# My drop trap does not work. Why?



## Sir William (Jan 12, 2008)

Hello Everyone,
After seeing pictures of a Belgium drop trap, I built myself one. I installed it. Prior to the installation of the drop trap I had received six Ybs from a friend. They were all able to fly though they spent most of the time on the ground still. The day after I installed the drop trap I come out of the house and saw none other than one of my Ybs sitting on the outside of my drop trap!  Thankfully, he dropped back through when I carefully walked up. It was close. So what did I do terribly wrong?   I attached some pics to that you can see the trap. I suspect that my problem my be that the nest boxes are so close. Could the be jumping up? Tell me if you need any more info. Thanks

Sir William


----------



## learning (May 19, 2006)

Sir William said:


> Hello Everyone,
> After seeing pictures of a Belgium drop trap, I built myself one. I installed it. Prior to the installation of the drop trap I had received six Ybs from a friend. They were all able to fly though they spent most of the time on the ground still. The day after I installed the drop trap I come out of the house and saw none other than one of my Ybs sitting on the outside of my drop trap!  Thankfully, he dropped back through when I carefully walked up.

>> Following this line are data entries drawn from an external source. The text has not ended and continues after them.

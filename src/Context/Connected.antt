-- ===== src/Context/Connected.antt =====
-- lib/sdoprotctx.c and lib/sdonet.c: which state a connection is for, and how often a message is
-- tried.
use client_sdk.Base.{
  ℕ, zero, suc, ◌+◌, ◌≤◌, ◌≡◌, refl, ap, ◌∙◌, Bool, true, false, Option, none, some, arith, Bytes,
  ◌≢◌, inl, inr, Bool-cases, Option-cases,
}
use client_sdk.Env.{Env}
use client_sdk.Prot.{Address, sdo_state_error}
use client_sdk.Context.{
  Server, Network, Context, Outcome, negative, nothing_moved, positive, restored, server_of,
  resolved, resolve_host, find_host, open_connection, connect_server, sdo_prot_ctx_connect,
  reconnect, sdo_connection_restablish, renew, owner_connect_retries, resolves,
}
use client_sdk.Context.Run.{after_try, try_send, send_loop}

-- A run that has met its error behind a connection.
abbrev pub failed : {W : Type 0} → Context W → Context W
failed c = record c { protdata = record c.protdata { state = sdo_state_error } }

module _ {W : Type 0} (net : Network W) where
  resolved-data :
      (c : Context W) (p : W × (Option Address × Bool)) → (resolved net c p).0.protdata ≡ c.protdata
  unfolding resolved
  resolved-data c (w, (ip, false)) = refl
  resolved-data c (w, (ip, true)) = refl

  resolve_host-data :
      (server : Server) (c : Context W) (dns : Option Address)
      → (resolve_host net server c dns).0.protdata ≡ c.protdata
  unfolding resolve_host
  resolve_host-data server c none = refl
  resolve_host-data server c (some dn) = resolved-data c _

  find_host-data :
      (server : Server) (c : Context W) → (find_host net server c).0.protdata ≡ c.protdata
  unfolding find_host
  find_host-data server c = elim (Bool-cases (resolves c.protdata.state)) [
    | inl does ↦ rw does (resolve_host-data server c _)
    | inr not_so ↦ rw not_so
  ]

  open_connection-data :
      (server : Server) (p : Context W × Bool)
      → (open_connection net server p).0.protdata ≡ p.0.protdata
  unfolding open_connection
  open_connection-data server (c, false) = refl
  open_connection-data server (c, true) = refl

module _ {W : Type 0} (net : Network W) where
  connect_server-data :
      (server : Option Server) (c : Context W)
      → (connect_server net server c).0.protdata ≡ c.protdata
  unfolding connect_server
  connect_server-data none c = refl
  connect_server-data (some server) c =
      open_connection-data net server (find_host net server c) ∙ find_host-data net server c

  sdo_prot_ctx_connect-data :
      (c : Context W)
      → ((sdo_prot_ctx_connect net c).0.protdata ≡ (restored c).protdata)
        × ((sdo_prot_ctx_connect net c).0.prevstate ≡ (restored c).protdata.state)
  unfolding sdo_prot_ctx_connect
  sdo_prot_ctx_connect-data c =
      let same = connect_server-data (server_of (restored c).protdata.state) (restored c) in
      (same, ap (λ p. p.state) same)

  restored-fine : (c : Context W) → c.protdata.state ≢ sdo_state_error → restored c ≡ c
  unfolding restored
  restored-fine c fine = ground (arith, fine)

  restored-failed :
      (c : Context W) → (restored (failed c)).protdata ≡ record c.protdata { state = c.prevstate }
  unfolding restored
  restored-failed c = refl

  -- A run that goes into the error state behind a connection is set back by the next connection to
  -- the data and the state that the first connection was for, provided that was not the error
  -- state.
  pub sdo_prot_ctx_connect-resumes :
      (c : Context W)
      → c.protdata.state ≢ sdo_state_error
      → let c1 = failed (sdo_prot_ctx_connect net c).0 in
        let c2 = (sdo_prot_ctx_connect net c1).0 in
        (c2.protdata ≡ c.protdata) × (c2.prevstate ≡ c.protdata.state)
  sdo_prot_ctx_connect-resumes c fine =
      let d = (sdo_prot_ctx_connect net c).0 in
      let (one, prev) = sdo_prot_ctx_connect-data c in
      let (two, prev2) = sdo_prot_ctx_connect-data (failed d) in
      let first : d.protdata ≡ c.protdata = one ∙ ap (λ k. k.protdata) (restored-fine c fine) in
      let before : d.prevstate ≡ c.protdata.state =
        prev ∙ ap (λ k. k.protdata.state) (restored-fine c fine) in
      let back : (restored (failed d)).protdata ≡ c.protdata =
        restored-failed d ∙ (λ i. record (first i) { state = before i }) in
      (two ∙ back, prev2 ∙ ap (λ p. p.state) back)

-- A count of the messages sent, which only a send changes.
pub record Counts {W : Type 0} (net : Network W) (sent : W → ℕ) : Type 0 where
  pub on_send :
      (h : Option ℕ) (type : ℕ) (body : Bytes) (w : W)
      → sent (net.send_message h type body w).0 ≡ sent w + 1
  pub on_disconnect : (h : Option ℕ) (w : W) → sent (net.disconnect h w).0 ≡ sent w
  pub on_connect :
      (ip : Option Address) (port : ℕ) (w : W) → sent (net.con_connect ip port w).0 ≡ sent w

module _ {W : Type 0} (e : Env) (net : Network W) (sent : W → ℕ) (counts : Counts net sent) where
  reconnect-count :
      (retries : ℕ) (c : Context W) → sent (reconnect net retries c).0.world ≡ sent c.world
  unfolding reconnect
  reconnect-count zero c = counts.on_connect _ _ _
  reconnect-count (suc retries) c =
      elim (Option-cases (net.con_connect c.host_ip c.host_port c.world).1) [
        | inl x ↦ rw (x, reconnect, x) (reconnect-count retries _ ∙ counts.on_connect _ _ _)
        | inr (h, x) ↦ rw (x, reconnect) (counts.on_connect _ _ _)
      ]

  renew-count : (c : Context W) → sent (renew net c).0.world ≡ sent c.world
  unfolding renew sdo_connection_restablish
  renew-count c = elim (Bool-cases (net.disconnect c.sock_hdl c.world).1) [
    | inl x ↦ rw x (counts.on_disconnect c.sock_hdl c.world)
    | inr x ↦ rw x (
        reconnect-count owner_connect_retries
          (record c { world = (net.disconnect c.sock_hdl c.world).0 })
        ∙ counts.on_disconnect c.sock_hdl c.world)
  ]

  after_try-count :
      (c : Context W) (o : Outcome) → sent (after_try e net c o).0.world ≡ sent c.world
  unfolding after_try
  after_try-count c negative = renew-count c
  after_try-count c nothing_moved = renew-count c
  after_try-count c positive = refl

  try_send-count : (c : Context W) → sent (try_send e net c).0.world ≡ sent c.world + 1
  unfolding try_send
  try_send-count c = after_try-count _ _ ∙ counts.on_send _ _ _ _

  -- The loop that sends a message sends it at least once and at most one more time than its
  -- retries, whatever the network answers, for any count of the sends that reconnecting does not
  -- change.
  pub send_loop-bound :
      (retries : ℕ) (c : Context W)
      → (sent c.world + 1 ≤ sent (send_loop e net retries c).0.world)
        × (sent (send_loop e net retries c).0.world ≤ sent c.world + (retries + 1))
  unfolding send_loop
  send_loop-bound zero c = let one = try_send-count c in omega (arith, one)
  send_loop-bound (suc retries) c =
      let one = try_send-count c in
      let ih = send_loop-bound retries (try_send e net c).0 in
      elim (Bool-cases (try_send e net c).1.1) [
        | inl x ↦ rw (x, send_loop) (omega (arith, one, ih))
        | inr x ↦ rw (x, send_loop) (omega (arith, one))
      ]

It was close. So what did I do terribly wrong?   I attached some pics to that you can see the trap. I suspect that my problem my be that the nest boxes are so close. Could the be jumping up? Tell me if you need any more info. Thanks
> 
> Sir William


So what you are saying is that the birds are getting back out through the closed trap, is that right? If that is the case, I would suspect one of three problems. 1) Perhaps the proximity of the nestboxes might let them jump up back through but I doubt it. 2) The angle is too shallow allowing them to get a foot hold or 3) The spacing between the dowels is too big. 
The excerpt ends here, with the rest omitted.